The nymphs seem to eat more biscuit.

One universal truth is that they all devour oranges in an afternoon.

Heat wise, I have a small heat mat underneath each 80l tub, and the tubs are stacked, temps inside are around 27-32 degrees.

My adult tub of 600 females 150 males, has produced roughly 4000 babies this month!!! :2thumb:

I did a count as each egg holder had between 10-20 babies in it, so 300ish a side. . . . im super happy about that!

Id say as long as you're producing babies then, worry not! I wanted to see if things were right so yeah I seperated the adults into a clear tub so it would be obvious when they produced babies.


----------



## jhzgto (Apr 24, 2012)

Hi AOTP

Thanks for the reply.

just done a cleanout of the feeding section (the half without egg crates) & there was no rotten food in there. Some of the salad was a bit withered but it's all clean with fresh stuff in there now.

Moved the egg crates & found another 5 dead females and 2 males, not good news :-(

I am hoping the deaths are from the original colony & might be due to the life cycle but not sure. one or two look to be on deaths door but will see if they make it.

Babies: i don't know if it's producing or not. I got the original colony 4-5 weeks ago & have added to it 3 or 4 times since then (adults), so maybe too early to tell.

I do have a lot of small nymphs around 3-5mm in length, could these be ones that have hatched since I have had the colony ?? 

After reading about yours, I think I might have mine too hot - if yours are doing well @ 27-30 internal & mine are 40, that sounds too much to me.

I said they seem more active @ 40 degs but now i think about it, the heat mat is wrapped around the crate end & me seeing activity means a lot are at the feeding end which is cooler - maybe escaping the heat ??

Your advice is much appreciated - thanks again ;-)


----------



## AOTP (Mar 22, 2012)

Yeah that sounds too hot to me matey, the activity at the cool end would indeed be them escaping it. If its about right they congregate around the heat, and you will see most of the fatter females sitting there. 

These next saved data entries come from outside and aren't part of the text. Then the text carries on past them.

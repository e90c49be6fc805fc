-- ===== src/GenerationProbe/Blocks.antt =====
-- Nothing of what a probe prints is lost by the parser of tools/generation_probe.py.
use mathlib.Core.Path.{subst}
use text.Mathlib.TextLemmas.{nil-append, cons-append, append-nil, append_assoc}
use dbwarden_harness.Base.{
  ℕ, zero, suc, String, ◌<>◌, none, some, List, [], ◌∷◌, All, ◌≡◌, ◌⊎◌, inl, inr, refl, sym, ap,
  ◌∙◌, arith, Option-cases, map, nat_eq,
}
use dbwarden_harness.Base.Text.{after_prefix?, cut}
use dbwarden_harness.Base.Text.Parts.{
  size, drop_text, after_prefix?-append, cut-append, Lacks, Lacks-empty, Lacks-cons,
}
use dbwarden_harness.CaseRunner.{strip}
use dbwarden_harness.GenerationProbe.{
  marker, SwallowedError, split_from, split_marker, partition, swallowed, parse_swallowed,
}

-- Each block behind the separator.
abbrev separated : String → List String → String
separated sep [] = ""
separated sep (block ∷ blocks) = sep <> (block <> separated sep blocks)

split_from-separated :
    (skip more : ℕ) (sep s : String)
    → size sep ≡ suc more
    → (split_from skip more sep s).0 <> separated sep (split_from skip more sep s).1
      ≡ drop_text skip s
unfolding split_from
split_from-separated zero more sep String.[] h = nil-append ""
split_from-separated (suc skip) more sep String.[] h = nil-append ""
split_from-separated zero more sep (String.◌∷◌ c s) h =
    elim (Option-cases (after_prefix? sep (String.◌∷◌ c s))) [
      | inl e ↦
          let (part, parts) = split_from zero more sep s in
          let step : split_from zero more sep (String.◌∷◌ c s) ≡ (String.◌∷◌ c part, parts) =
            ground (arith, e) in
          subst (λ p. p.0 <> separated sep p.1 ≡ String.◌∷◌ c s) (sym step)
            (cons-append c part (separated sep parts)
              ∙ ap (String.◌∷◌ c) (split_from-separated zero more sep s h))
      | inr (rest, e) ↦
          let (spelled, dropped) = after_prefix?-append sep (String.◌∷◌ c s) rest e in
          let left : drop_text more s ≡ rest =
            subst (λ n. drop_text n (String.◌∷◌ c s) ≡ rest) h dropped in
          let (next, others) = split_from more more sep s in
          let step : split_from zero more sep (String.◌∷◌ c s) ≡ ("", next ∷ others) =
            ground (arith, e) in
          subst (λ p. p.0 <> separated sep p.1 ≡ String.◌∷◌ c s) (sym step)
            (nil-append _
              ∙ ap (λ t. sep <> t) (split_from-separated more more sep s h ∙ left)
              ∙ sym spelled)
    ]
split_from-separated (suc skip) more sep (String.◌∷◌ c s) h = split_from-separated skip more sep s h

-- No part holds the separator.
split_from-Lacks :
    (skip more : ℕ) (sep s : String)
    → size sep ≡ suc more
    → Lacks sep (split_from skip more sep s).0 × All (Lacks sep) (split_from skip more sep s).1
unfolding split_from
split_from-Lacks zero more sep String.[] h = (Lacks-empty more sep h, tt)
split_from-Lacks (suc skip) more sep String.[] h = (Lacks-empty more sep h, tt)
split_from-Lacks zero more sep (String.◌∷◌ c s) h =
    elim (Option-cases (after_prefix? sep (String.◌∷◌ c s))) [
      | inl e ↦
          let (part, parts) = split_from zero more sep s in
          let step : split_from zero more sep (String.◌∷◌ c s) ≡ (String.◌∷◌ c part, parts) =
            ground (arith, e) in
          let (free, rest) = split_from-Lacks zero more sep s h in
          let whole : String.◌∷◌ c part <> separated sep parts ≡ String.◌∷◌ c s =
            cons-append c part (separated sep parts)
            ∙ ap (String.◌∷◌ c) (split_from-separated zero more sep s h) in
          let top =
            Lacks-cons sep c part (separated sep parts) (ap (after_prefix? sep) whole ∙ e) free in
          subst (λ p. Lacks sep p.0 × All (Lacks sep) p.1) (sym step) (top, rest)
      | inr (r, e) ↦
          let (next, others) = split_from more more sep s in
          let step : split_from zero more sep (String.◌∷◌ c s) ≡ ("", next ∷ others) =
            ground (arith, e) in
          subst (λ p. Lacks sep p.0 × All (Lacks sep) p.1) (sym step)
            (Lacks-empty more sep h, split_from-Lacks more more sep s h)
    ]
split_from-Lacks (suc skip) more sep (String.◌∷◌ c s) h = split_from-Lacks skip more sep s h

-- The text of the errors behind their markers. A header stands with the line feed that ends it, or
-- with nothing where the block ends.
abbrev pub printed : List (String × String) → List SwallowedError → String
printed ((header, end) ∷ headers) (e ∷ errors) =
    marker <> (header <> (end <> (e.traceback <> printed headers errors)))
printed _ _ = ""

-- The headers give the locations, and no marker stands in the text of an error.
abbrev pub AreHeaders : List (String × String) → List SwallowedError → Type 0
AreHeaders [] [] = Unit {0}
AreHeaders ((header, end) ∷ headers) (e ∷ errors) =
    (strip header ≡ e.location)
    × ((end ≡ "\n") ⊎ ((end ≡ "") × (e.traceback ≡ "")))
    × Lacks marker (header <> (end <> e.traceback))
    × AreHeaders headers errors
AreHeaders _ _ = ⊥

header_of : String → String × String
header_of block = elim (cut "\n" block) [
  | none ↦ (block, "")
  | some (header, body) ↦ (header, "\n")
]

swallowed-block :
    (block : String)
    → (block ≡ (header_of block).0 <> ((header_of block).1 <> (swallowed block).traceback))
      × (strip (header_of block).0 ≡ (swallowed block).location)
      × (((header_of block).1 ≡ "\n")
          ⊎ (((header_of block).1 ≡ "") × ((swallowed block).traceback ≡ "")))
unfolding swallowed header_of partition
swallowed-block block = elim (Option-cases (cut "\n" block)) [
  | inl e ↦
      let top : header_of block ≡ (block, "") = ground (arith, e) in
      let rest : (swallowed block).traceback ≡ "" = ground (arith, e) in
      let place : (swallowed block).location ≡ strip block = ground (arith, e) in
      (
        cc (top, rest, append-nil block, nil-append ""),
        cc (top, place),
        inr (ap (λ p. p.1) top, rest),
      )
  | inr ((header, body), e) ↦
      let top : header_of block ≡ (header, "\n") = ground (arith, e) in
      let rest : (swallowed block).traceback ≡ body = ground (arith, e) in
      let place : (swallowed block).location ≡ strip header = ground (arith, e) in
      (
        cc (top, rest, cut-append "\n" block header body e),
        cc (top, place),
        inl (ap (λ p. p.1) top),
      )
]

printed-separated :
    (blocks : List String)
    → All (Lacks marker) blocks
    → (separated marker blocks ≡ printed (map header_of blocks) (map swallowed blocks))
      × AreHeaders (map header_of blocks) (map swallowed blocks)
printed-separated [] h = (refl, tt)
printed-separated (block ∷ blocks) h =
    let (spelled, located, ended) = swallowed-block block in
    let (rest, headers) = printed-separated blocks h.1 in
    let (header, end) = header_of block in
    let body = (swallowed block).traceback in
    let more = printed (map header_of blocks) (map swallowed blocks) in
    (
      cc (spelled, rest, append_assoc header (end <> body) more, append_assoc end body more),
      (located, ended, subst (Lacks marker) spelled h.0, headers),
    )

-- What a probe prints is a text without a marker, and then the marker, the header and the
-- traceback of each error in order, with no other marker in them; each location is the header
-- without the white space around it.
pub parse_swallowed-printed :
    (stderr : String)
    → (before : String) × (headers : List (String × String)) × (stderr
        ≡ before <> printed headers (parse_swallowed stderr))
      × Lacks marker before
      × AreHeaders headers (parse_swallowed stderr)
unfolding parse_swallowed split_marker
parse_swallowed-printed stderr =
    let (before, blocks) = split_marker stderr in
    let (free, parts) = split_from-Lacks 0 29 marker stderr refl in
    let (rest, headers) = printed-separated blocks parts in
    (
      before,
      map header_of blocks,
      sym (split_from-separated 0 29 marker stderr refl) ∙ ap (λ t. before <> t) rest,
      free,
      headers,
    )
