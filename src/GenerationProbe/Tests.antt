-- ===== src/GenerationProbe/Tests.antt =====
-- Witnesses for the generation probe: two swallowed exceptions after a line of the log.
use dbwarden_harness.Base.{String, ◌<>◌, List, ◌≡◌}
use dbwarden_harness.Base.Text.Parts.{Lacks}
use dbwarden_harness.GenerationProbe.{marker, parse_swallowed}
use dbwarden_harness.GenerationProbe.Blocks.{printed, AreHeaders, parse_swallowed-printed}

abbrev stderr : String
stderr =
    "starting\n" <> marker <> " a.py:3\nTraceback\nValueError: no type\n" <> marker <> " b.py:7"

parse_swallowed-printed_example :
    (before : String) × (headers : List (String × String)) × (stderr
      ≡ before <> printed headers (parse_swallowed stderr))
    × Lacks marker before
    × AreHeaders headers (parse_swallowed stderr)
parse_swallowed-printed_example = parse_swallowed-printed stderr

2-3mm is baby size yes, so you must have had some babies so far. 

As for dead males and females you will get them due to age and fighting if you have many males. 

From personal experience I seem to notice that newer males and females are much much shinier and the banded colour brighter, as they age it seems to dull, so if you have some slow dark brown ones chances are they are old. 

Also beware of how much copper may be in food or vegetables as copper being ingested in mineral form into roaches will kill them very quickly, some dog biscuits can be higher in it than others (so im told anyways).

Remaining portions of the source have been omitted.